Weathering pits form on various rock types worldwide and often contain unique ecosystems in periodically flooded or desiccated depressions. However, little is known about soil formation in such pits. Here, we investigated two weathering pits (WP1 and WP2) on the summit of Enchanted Rock, a granitic exfoliation dome in central Texas. We aimed at unravelling the origin of the parent material, evaluating evidence for dating the soil development, and identifying the major soil forming processes. We sampled five soil profile cores in each pit and analyzed diverse soil properties, such as C and N contents, pH, exchangeable cations, texture, and iron oxides. In addition, we performed energy dispersive X-ray spectroscopy and applied optically stimulated luminescence (OSL) and ¹⁴C dating analyses. Both pits were affected by redoximorphic features and organic matter accumulation (2.5 ± 1.4% C in the topsoil). WP1 revealed Na accumulation in the subsoil and pronounced translocation of clay minerals, which accumulated at the bottom (up to 50% clay in the subsoil, 13–34% in topsoil). Such processes were absent in WP2, in which clay contents and their variations were comparatively small (16–25%). Here, acidic and nutrient poor soil horizons (pH 4.0–4.4, 0.5–1.5% C, 4.1–4.6 mg kg⁻¹P) alternated several times with nutrient rich and neutral soil horizons (pH 5.1–5.6, 2.0–2.5% C, 23–33 mg kg⁻¹P). This phenomenon was observed down to the bottom of the pit. We conclude that the parent material for soil development consists of three sources: autochthonous material from in-situ weathering of the solid rock, granitic grus particles from upslope positions, and eolian sediments from the area surrounding Enchanted Rock. Phases of sedimentation may have alternated with phases of stability and topsoil formation, resulting in buried former topsoils. OSL dating revealed that sedimentation began not later than 5110 years ago in 42 cm depth of WP1 and 2290 years ago in 26 cm depth of WP2. Due to contamination by younger carbon, ¹⁴C dates underestimate the beginning of soil development. The intensity of post sedimentary soil forming processes (clay mineral translocation, sodium enrichment, ferrolysis, organic matter accumulation) depends on the age of the pit and on its morphology, i.e. on the possibility of water and dissolved substances running off.

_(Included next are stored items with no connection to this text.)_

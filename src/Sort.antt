-- ===== src/Sort.antt =====
-- `slices.SortStableFunc`, as a stable insertion sort: for a consistent comparison function the
-- stable sorted order is unique, so any stable algorithm gives this list.
use operator_controller.Prelude.{
  ◌≡◌, ◌≢◌, Ordering, gt, List, [], ◌∷◌, ◌⊎◌, inl, inr, arith, In, sym, subst,
}
use operator_controller.Order.{IsPreorder}

module _ {A : Type 0} (cmp : A → A → Ordering) where
  -- `x` stood before all of the list, so it stays before what is equal to it.
  abbrev insert_by : Ordering → A → A → List A → List A → List A
  insert_by gt x y ys rest = y ∷ rest
  insert_by _ x y ys rest = x ∷ y ∷ ys

  insert : A → List A → List A
  insert x [] = x ∷ []
  insert x (y ∷ ys) = let rest = insert x ys in insert_by (cmp x y) x y ys rest

  unfoldable pub sort_stable : List A → List A
  unfolding insert
  sort_stable [] = []
  sort_stable (x ∷ xs) = insert x (sort_stable xs)

  In-insert : (a x : A) (ys : List A) → In a (insert x ys) → (a ≡ x) ⊎ In a ys
  unfolding insert
  In-insert a x [] h = h
  In-insert a x (y ∷ ys) h = ground (arith, In-insert a x ys)

  In-insert_of : (a x : A) (ys : List A) → (a ≡ x) ⊎ In a ys → In a (insert x ys)
  unfolding insert
  In-insert_of a x [] h = h
  In-insert_of a x (y ∷ ys) h = ground (arith, In-insert_of a x ys)

  -- Sorting neither adds nor loses an element.
  pub In-sort_stable : (a : A) (xs : List A) → In a (sort_stable xs) → In a xs
  unfolding sort_stable
  In-sort_stable a [] h = h
  In-sort_stable a (x ∷ xs) h = elim (In-insert a x (sort_stable xs) h) [
    | inl e ↦ inl e
    | inr m ↦ inr (In-sort_stable a xs m)
  ]

  pub In-sort_stable_of : (a : A) (xs : List A) → In a xs → In a (sort_stable xs)
  unfolding sort_stable
  In-sort_stable_of a [] h = h
  In-sort_stable_of a (x ∷ xs) (inl e) = In-insert_of a x (sort_stable xs) (inl e)
  In-sort_stable_of a (x ∷ xs) (inr m) =
      In-insert_of a x (sort_stable xs) (inr (In-sort_stable_of a xs m))

  -- `x` comes before every element of the list.
  abbrev pub Below : A → List A → Type 0
  Below x [] = Unit
  Below x (y ∷ ys) = (cmp x y ≢ gt) × Below x ys

  abbrev pub IsSorted : List A → Type 0
  IsSorted [] = Unit
  IsSorted (x ∷ xs) = Below x xs × IsSorted xs

  pub Below-In : (x a : A) (ys : List A) → Below x ys → In a ys → cmp x a ≢ gt
  Below-In x a [] h m = absurd m
  Below-In x a (y ∷ ys) h (inl e) = subst (λ z. cmp x z ≢ gt) (sym e) h.0
  Below-In x a (y ∷ ys) h (inr m) = Below-In x a ys h.1 m

  Below-insert : (b x : A) (ys : List A) → cmp b x ≢ gt → Below b ys → Below b (insert x ys)
  unfolding insert
  Below-insert b x [] h k = (h, tt)
  Below-insert b x (y ∷ ys) h k = ground (arith, Below-insert b x ys)

  module _ (p : IsPreorder cmp) where
    Below-trans : (x y : A) (ys : List A) → cmp x y ≢ gt → Below y ys → Below x ys
    Below-trans x y [] h k = tt
    Below-trans x y (z ∷ ys) h k = (p.trans x y z h k.0, Below-trans x y ys h k.1)

    insert-IsSorted : (x : A) (ys : List A) → IsSorted ys → IsSorted (insert x ys)
    unfolding insert
    insert-IsSorted x [] h = (tt, tt)
    insert-IsSorted x (y ∷ ys) h =
        ground (arith, p.flip x y, insert-IsSorted x ys, Below-insert y x ys, Below-trans x y ys)

    pub sort_stable-IsSorted : (xs : List A) → IsSorted (sort_stable xs)
    unfolding sort_stable
    sort_stable-IsSorted [] = tt
    sort_stable-IsSorted (x ∷ xs) = insert-IsSorted x (sort_stable xs) (sort_stable-IsSorted xs)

风化坑遍布全球各种岩石，通常在周期性淹没或干燥的洼地中包含独特的生态系统。然而，关于这种坑中土壤形成的了解很少。在这里，我们研究了位于得克萨斯州中部的花岗岩剥落圆顶Enchanted Rock的山顶上的两个风化坑（WP1和WP2）。我们的目的是弄清母体材料的起源，评估与土壤发育年代相关的证据，并确定主要的土壤形成过程。我们对每个坑中的五个土壤剖面核心进行了采样，并分析了各种土壤特性，例如碳和氮含量，pH，可交换阳离子，质地和氧化铁。此外，我们进行了能量色散X射线光谱分析，并应用了光激发发光（OSL）和¹⁴C约会分析。两个坑都受到氧化还原形态特征和有机质积累（表土中2.5±1.4％C）的影响。WP1揭示了Na在地下土壤中的富集和黏土矿物的明显迁移，这些矿物在地下积聚（地下土壤中粘土的含量高达50％，表层土壤中的含量高达13–34％）。WP2中没有这样的过程，其中粘土含量及其变化相对较小（16–25％）。在这里，酸性和营养不良的土壤层（pH 4.0–4.4、0.5–1.5％C，4.1–4.6 mg kg ^-1 P）与营养丰富的土壤层和中性土壤层（pH 5.1–5.6、2.0–2.5％C ）交替出现几次，23–33 mg kg ^-1P）。观察到这种现象直至坑的底部。我们得出的结论是，土壤发育的母体材料包括三个来源：固体岩石原位风化的原生物质，上坡位置的花岗岩团粒颗粒以及附魔岩周围的风积物。沉积阶段可能与稳定阶段和表土形成阶段交替出现，从而导致前表土被掩埋。OSL测年表明，沉积不早于5110年前开始于WP1的42厘米，而2290年前开始于WP2的深度。由于年轻的碳污染，¹⁴碳日期低估了土壤发展的开始。沉积后土壤形成过程的强度（粘土矿物的迁移，钠富集，铁解作用，有机物质的积累）取决于矿坑的年龄及其形态，即取决于水和溶解性物质流失的可能性。